# Balkon Teich



## TecBoy (15. Juni 2008)

Hallo !
Vorweg, ich bin neu im Teichbau und hatte die Idee einen Tech auf meinen Balkon zu bauen.
So nun mal zu der Teichwanne, das ist diese hier :
Foto 

Dieser Wanne hab ich auch Ytong-Stein einen "Ramen" gebaut :
Foto 
Nun wird das ganzen unten mit Steine gefüllt und dann Sand rein mit der Wanne die rundherum mit Erde fest gestampft wird.

Sooweit zu meinem Projekt...nun wollte ich von euch Fachleuten mal wissen:
Was muß ich beachten ?
Ist ein Überlauf nötig ?
Welche Pumpe brauche ich um das Wasser sauber zu halten?
Wie ist es im Winter wenn es unter Null grad geht ?

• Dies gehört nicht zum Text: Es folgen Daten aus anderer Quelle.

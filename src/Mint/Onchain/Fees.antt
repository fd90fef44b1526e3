-- ===== src/Mint/Onchain/Fees.antt =====
-- The fee rate and the fees that the nodes agree on, in
-- picomint-node-daemon/src/consensus/onchain/mod.rs.
use picomint.Prelude.{
  ℕ, ◌+◌, ◌-◌, ◌*◌, ◌/◌, ◌^◌, not, Option, none, some, List, [], ◌∷◌, length, get_elem?, leb, ltb,
  if◌then◌else◌, ◌>>=◌,
}
use picomint.Collections.BTreeMap.{values}
use picomint.Nodes.{NumNodes, total, threshold}
use picomint.Mint.Amounts.{u64}
use picomint.Mint.Votes.{sort_ascending}
use picomint.Mint.Onchain.Values.{
  MintTx, Wallet, onchain_feerate_base, send_tx_vbytes, receive_tx_vbytes,
}

-- `saturating_mul` and `saturating_sub` on a `u64`.
abbrev pub saturating_mul : ℕ → ℕ → ℕ
saturating_mul a b = if ltb (a * b) (2 ^ 64) then a * b else 2 ^ 64 - 1

abbrev pub max : ℕ → ℕ → ℕ
max a b = if leb a b then b else a

-- `filter_map` over the votes.
unfoldable pub given : List (Option ℕ) → List ℕ
given [] = []
given (none ∷ votes) = given votes
given (some v ∷ votes) = v ∷ given votes

unfoldable pub pending_txs_unordered : Wallet → List MintTx
pending_txs_unordered w = elim w.unsigned_tx [
  | none ↦ values w.unconfirmed
  | some unsigned ↦ unsigned ∷ values w.unconfirmed
]

-- `none` is a failed assertion, `some none` an answer of `None`.
unfoldable pub consensus_feerate : NumNodes → Wallet → Option (Option ℕ)
consensus_feerate n w =
    let rates = given (values w.feerate_votes) in
    if not (leb (length rates) (total n))
    then none
    else some (get_elem? (sort_ascending rates) (threshold n - 1))

-- `fold` of the pending fees.
unfoldable pub deduct : ℕ → List MintTx → ℕ
deduct stack_fee [] = stack_fee
deduct stack_fee (t ∷ txs) = deduct (stack_fee - t.fee) txs

-- `try_fold` of the sizes.
unfoldable pub stack_size : ℕ → List MintTx → Option ℕ
stack_size vbytes [] = some vbytes
stack_size vbytes (t ∷ txs) =
    if ltb (vbytes + t.vbytes) (2 ^ 64) then stack_size (vbytes + t.vbytes) txs else none

unfoldable pub consensus_fee : NumNodes → Wallet → ℕ → Option (Option ℕ)
consensus_fee n w tx_vbytes =
    let pending = pending_txs_unordered w in
    if not (leb (length pending) 32)
    then none
    else consensus_feerate n w >>= λ rate. elim rate [
      | none ↦ some none
      | some voted ↦
          let feerate = max voted (u64 (onchain_feerate_base * 2 ^ length pending)) in
          let tx_fee = saturating_mul tx_vbytes feerate / 1000 in
          stack_size tx_vbytes pending >>= λ stack_vbytes.
          let stack_fee = saturating_mul stack_vbytes feerate / 1000 in
          some (some (max tx_fee (deduct stack_fee pending)))
    ]

abbrev pub send_fee : NumNodes → Wallet → Option (Option ℕ)
send_fee n w = consensus_fee n w send_tx_vbytes

abbrev pub receive_fee : NumNodes → Wallet → Option (Option ℕ)
receive_fee n w = consensus_fee n w receive_tx_vbytes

Fische...ja klar...aber nur Goldfischlis 
oder kann man in einem so kleinen Teich was andertes rein setzen ?

Und wieviele Fische ... ?


----------



## Christine (15. Juni 2008)

*AW: Balkon Teich*

Hallo TecBoy,

:Willkommen2 bei uns von der Miniteich-Fraktion.

Was musst Du beachten? Tja - spontan fällt mir da das Stichwort Statik ein. Ein Balkon ist nicht für unendlich viel Gewicht ausgelegt...

Überlauf - Wenn Regen in Dein Teichlein gelangen kann, musst Du Dir Gedanken machen, wo das Wasser hin soll/darf, wenn der Teich überläuft.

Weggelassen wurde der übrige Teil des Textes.